As one of the most uncertain components in numerical weather predictions and climate models, clouds can consist of mixed phases (i.e., containing both supercooled liquid water and ice), making them more challenging to represent (e.g., Prenni et al., 2007; Storelvmo et al., 2008; Furtado et al., 2016; Bodas-Salcedo et al., 2016; Vergara-Temprado et al., 2018; Vignon et al., 2021; Morrison et al., 2012). Mixed-phase clouds significantly affect the radiative budget (e.g., Dong and Mace, 2003; Bodas-Salcedo et al., 2016; Vergara-Temprado et al., 2018) and precipitation efficiency (e.g., Mülmenstädt et al., 2015; Field and Heymsfield, 2015); these influences differ from those of liquid water or ice clouds (Korolev et al., 2017). Additionally, aerosols can act as cloud condensation nuclei (CCN) or ice-nucleating particles (INPs), further complicating the properties of mixed-phase clouds (e.g., Prenni et al., 2007; Tao et al., 2012; Fan et al., 2017; Fu and Xue, 2017; Norgren et al., 2018). As such, understanding the mechanisms by which a mixed-phase cloud is maintained is crucial.

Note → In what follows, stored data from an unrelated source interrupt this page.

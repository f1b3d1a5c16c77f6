-- ===== src/Serve/Steps.antt =====
-- crates/ignis/src/http.rs over reactor.rs: an exchange through any steps.
use ignis.Shared.{
  ℕ, ◌+◌, ◌≤◌, ◌<◌, ◌≡◌, ◌≢◌, refl, sym, ap, subst, ◌∙◌, ◌⊎◌, inl, inr, Bool, true, false, List, [],
  ◌∷◌, Option, none, some, Bytes, length, lookup, arith, u64_mod, Bool-cases, Option-cases, codes,
  same_text,
}
use ignis.Reactor.{Answer, whole, streaming, grpc, HttpRequest, Reactor}
use ignis.Reactor.Answers.{deliver_request_with_id, cancel_request, drop_receiver, stream_sender}
use ignis.Reactor.Counters.{next_id-apply}
use ignis.Reactor.Calls.{apply, delivers}
use ignis.Reactor.Answers.Invariant.{Inv, apply-Inv}
use ignis.Reactor.Answers.Transitions.{next_state, apply-next_state}
use ignis.Serve.{
  CancelOnDrop, drop_guard, plain, channel_body, Exchange, waiting, sending, over, Event,
  polls_request, polls_body, hangs_up, Move, calls, moves, run, happen, answer, php_response,
  poll_request, poll_frame, drop_exchange, handle, handle_php, Handled, awaits, Collected,
  whole_body, length_limit, broken, collect_body, health_report, metrics_report, grpc_call, refused,
}
use ignis.Serve.Kept.{Kept, call-Owes, cancel-next_id, leave-next_id, guard-Kept, left-Kept}
use ignis.Serve.Answered.{true_not_false, poll_request-Kept}

pub guard-next_id :
    (guard : CancelOnDrop) (now : ℕ) (r : Reactor) → (drop_guard guard now r).next_id ≡ r.next_id
unfolding drop_guard
guard-next_id guard now r = ground (arith, cancel-next_id r guard.id now)

pub drop_exchange-Kept :
    (id now : ℕ) (exchange : Exchange) (r : Reactor)
    → r.next_id + 1 < u64_mod
    → Kept id (r, exchange)
    → Kept id (drop_exchange now exchange r, over)
unfolding drop_exchange
drop_exchange-Kept id now (waiting guard) r l k =
    let (i, a, n) = k.owes in
    left-Kept id guard.id (drop_guard guard now r) (omega (arith, l, guard-next_id guard now r))
      (guard-Kept id now guard r l k.inv k.given i (λ y. elim (true_not_false (sym y ∙ a)) [ ]))
drop_exchange-Kept id now (sending (plain bytes)) r l k = record {
  inv = k.inv;
  given = k.given;
  owes = k.owes;
}
drop_exchange-Kept id now (sending (channel_body guard)) r l k =
    let (i, n, m, done) = k.owes in guard-Kept id now guard r l k.inv k.given i done
drop_exchange-Kept id now over r l k = k

pub no_sender :
    (id : ℕ) (r : Reactor)
    → lookup id r.answers ≢ some grpc
    → lookup id r.answers ≢ some whole
    → stream_sender r id ≡ false
    → lookup id r.answers ≡ none
unfolding stream_sender
no_sender id r n m z = elim (Option-cases (lookup id r.answers)) [
  | inl q ↦ q
  | inr (whole, q) ↦ elim (m q) [ ]
  | inr (streaming, q) ↦ ground (arith, q, z)
  | inr (grpc, q) ↦ elim (n q) [ ]
]

pub poll_frame-Kept :
    (id : ℕ) (closed : Bool) (guard : CancelOnDrop) (r : Reactor)
    → Kept id (r, sending (channel_body guard))
    → Kept id (r, sending (channel_body (poll_frame closed guard r)))
unfolding poll_frame
poll_frame-Kept id closed guard r k =
    let (i, n, m, done) = k.owes in
    elim (Bool-cases (stream_sender r guard.id)) [
      | inl y ↦ rw (y, poll_frame) k
      | inr z ↦ elim (Bool-cases closed) [
        | inl c ↦
            rw (z, c, poll_frame)
              (record {
                inv = k.inv;
                given = k.given;
                owes = (i, n, m, λ _. no_sender id r n m (ap (stream_sender r) (sym i) ∙ z));
              })
        | inr c ↦ rw (z, c, poll_frame) k
      ]
    ]

pub happen-Kept :
    (id : ℕ) (event : Event) (now : ℕ) (w : Reactor × Exchange)
    → w.0.next_id + 1 < u64_mod
    → Kept id w
    → Kept id (happen event now w)
unfolding happen
happen-Kept id (polls_request valid) now (r, waiting guard) l k =
    poll_request-Kept id now valid guard r l k
happen-Kept id (polls_request valid) now (r, sending body) l k = k
happen-Kept id (polls_request valid) now (r, over) l k = k
happen-Kept id (polls_body closed) now (r, waiting guard) l k = k
happen-Kept id (polls_body closed) now (r, sending (plain bytes)) l k = k
happen-Kept id (polls_body closed) now (r, sending (channel_body guard)) l k =
    poll_frame-Kept id closed guard r k
happen-Kept id (polls_body closed) now (r, over) l k = k
happen-Kept id hangs_up now (r, exchange) l k = drop_exchange-Kept id now exchange r l k

pub poll_request-next_id :
    (valid : Bool) (now : ℕ) (guard : CancelOnDrop) (r : Reactor)
    → (poll_request valid now guard r).0.next_id ≡ r.next_id
unfolding poll_request answer php_response drop_guard cancel_request drop_receiver
poll_request-next_id valid now guard r = ground arith

pub happen-next_id :
    (event : Event) (now : ℕ) (w : Reactor × Exchange)
    → (happen event now w).0.next_id ≡ w.0.next_id
unfolding happen poll_request answer php_response drop_exchange
happen-next_id (polls_request valid) now (r, waiting guard) = poll_request-next_id valid now guard r
happen-next_id (polls_request valid) now (r, sending body) = refl
happen-next_id (polls_request valid) now (r, over) = refl
happen-next_id (polls_body closed) now (r, waiting guard) = refl
happen-next_id (polls_body closed) now (r, sending (plain bytes)) = refl
happen-next_id (polls_body closed) now (r, sending (channel_body guard)) = refl
happen-next_id (polls_body closed) now (r, over) = refl
happen-next_id hangs_up now (r, waiting guard) =
    leave-next_id (drop_guard guard now r) guard.id ∙ guard-next_id guard now r
happen-next_id hangs_up now (r, sending (plain bytes)) = refl
happen-next_id hangs_up now (r, sending (channel_body guard)) = guard-next_id guard now r
happen-next_id hangs_up now (r, over) = refl

pub run-Kept :
    (id : ℕ) (steps : List Move) (w : Reactor × Exchange)
    → w.0.next_id + length steps < u64_mod
    → Kept id w
    → Kept id (run steps w)
unfolding run
run-Kept id [] w l k = k
run-Kept id (calls c ∷ rest) (r, exchange) l k =
    let bound : (r.next_id ≤ (apply r c).next_id) × ((apply r c).next_id ≤ r.next_id + 1) =
      next_id-apply r c (omega (arith, l)) in
    run-Kept id rest (apply r c, exchange) (omega (arith, l, bound.1))
      (record {
        inv = apply-Inv r c (omega (arith, l)) k.inv;
        given = omega (arith, k.given, bound.0);
        owes = call-Owes id exchange r c k.inv k.given k.owes;
      })
run-Kept id (moves event now ∷ rest) w l k =
    run-Kept id rest (happen event now w) (omega (arith, l, happen-next_id event now w))
      (happen-Kept id event now w (omega (arith, l)) k)

pub delivered-id :
    (r : Reactor) (req : HttpRequest)
    → r.connected ≡ true
    → (deliver_request_with_id r req).1 ≡ r.next_id
unfolding deliver_request_with_id
delivered-id r req k = ground (arith, k)

pub delivered-whole :
    (r : Reactor) (req : HttpRequest) (j : ℕ)
    → r.connected ≡ true
    → j ≡ r.next_id
    → lookup j (deliver_request_with_id r req).0.answers ≡ some whole
unfolding apply next_state
delivered-whole r req j k i = apply-next_state r (delivers req) j k ∙ ground (arith, i)

pub delivered-next_id :
    (r : Reactor) (req : HttpRequest)
    → r.next_id + 1 < u64_mod
    → r.connected ≡ true
    → (deliver_request_with_id r req).0.next_id ≡ r.next_id + 1
unfolding deliver_request_with_id
delivered-next_id r req l k = ground (arith, l, k)

pub some_apart : ◌≢◌ {A = Option Answer} (some whole) (some grpc)
some_apart e = ground (arith, e)

pub delivered-Kept :
    (r : Reactor) (req : HttpRequest)
    → r.next_id + 1 < u64_mod
    → Inv r
    → let (after, id) = deliver_request_with_id r req in
      Kept id (after, waiting (record { id = id; answered = false }))
unfolding apply
delivered-Kept r req l v = record {
  inv = apply-Inv r (delivers req) l v;
  given = omega (arith, delivered-id r req v.connected, delivered-next_id r req l v.connected);
  owes = (
    refl,
    refl,
    λ e.
        some_apart (sym (delivered-whole r req _ v.connected (delivered-id r req v.connected)) ∙ e),
  );
}

abbrev pub guard_of : CancelOnDrop → Handled → CancelOnDrop
guard_of guard (awaits other) = other
guard_of guard health_report = guard
guard_of guard metrics_report = guard
guard_of guard grpc_call = guard
guard_of guard (refused response) = guard

-- A handler either awaits no answer, or has delivered a request and awaits its answer.
abbrev pub Begins : Reactor → Reactor × Handled → Type 0
Begins r begun =
    ((guard : CancelOnDrop) → begun.1 ≢ awaits guard)
    ⊎ ((req : HttpRequest) × (let (after, id) = deliver_request_with_id r req in
          begun ≡ (after, awaits (record { id = id; answered = false }))))

pub handle_php-Begins :
    (method uri : Bytes) (headers : List (Bytes × Bytes)) (body : Collected) (r : Reactor)
    → Begins r (handle_php method uri headers body r)
unfolding handle_php collect_body
handle_php-Begins method uri headers (whole_body bytes) r = inr (_, refl)
handle_php-Begins method uri headers length_limit r = inl (λ guard e. ground (arith, e))
handle_php-Begins method uri headers broken r = inl (λ guard e. ground (arith, e))

pub handle-Begins :
    (path : Bytes) (is_grpc : Bool) (method uri : Bytes) (headers : List (Bytes × Bytes))
    (body : Collected) (r : Reactor)
    → Begins r (handle path is_grpc method uri headers body r)
unfolding handle
handle-Begins path is_grpc method uri headers body r =
    elim (Bool-cases (same_text path (codes "/_ignis/health"))) [
      | inl y ↦ rw (y, handle) (inl (λ guard e. ground (arith, e)))
      | inr m ↦ elim (Bool-cases (same_text path (codes "/_ignis/metrics"))) [
        | inl y ↦ rw (m, y, handle) (inl (λ guard e. ground (arith, e)))
        | inr n ↦ elim (Bool-cases is_grpc) [
          | inl y ↦ rw (m, n, y, handle) (inl (λ guard e. ground (arith, e)))
          | inr o ↦ rw (m, n, o, handle) (handle_php-Begins method uri headers body r)
        ]
      ]
    ]

pub handle-Kept :
    (path : Bytes) (is_grpc : Bool) (method uri : Bytes) (headers : List (Bytes × Bytes))
    (body : Collected) (r : Reactor) (guard : CancelOnDrop)
    → r.next_id + 1 < u64_mod
    → Inv r
    → (handle path is_grpc method uri headers body r).1 ≡ awaits guard
    → Kept guard.id ((handle path is_grpc method uri headers body r).0, waiting guard)
handle-Kept path is_grpc method uri headers body r guard l v e =
    elim (handle-Begins path is_grpc method uri headers body r) [
      | inl never ↦ elim (never guard e) [ ]
      | inr (req, q) ↦
          let same : guard ≡ record { id = (deliver_request_with_id r req).1; answered = false } =
            ap (guard_of guard) (sym e) ∙ ap (λ (h : Reactor × Handled). guard_of guard h.1) q in
          subst (λ (h : Reactor × Handled). Kept guard.id (h.0, waiting guard)) (sym q)
            (subst (λ (g : CancelOnDrop). Kept g.id ((deliver_request_with_id r req).0, waiting g))
              (sym same) (delivered-Kept r req l v))
    ]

An enduring challenge has been to understand how it is possible for stratiform mixed-phase clouds to persist in near-steady-state microphysical conditions despite the fact that the supercooled liquid is in a metastable state (e.g., Fridlind et al., 2007; Westbrook and Illingworth, 2013; Yang et al., 2013; Ovchinnikov et al., 2014, 2011; Solomon et al., 2018; Fu et al., 2019). Various factors contribute, including steady forcing by radiative cooling or surface heating, maintaining a source of ice through the steady generation of ice via stochastic nucleation, and the entrainment of ice-nucleating particles from above. A fundamental aspect is the strength of forcing of supersaturation in a cloud and the amount of ice needed to reduce the liquid-water supersaturation to less than zero such that the Wegener–Bergeron–Findeisen process can occur (Korolev, 2007; Korolev et al., 2017). Thus, the relative concentrations of cloud droplets and ice particles play a central role in the glaciation or lack thereof within a mixed-phase cloud.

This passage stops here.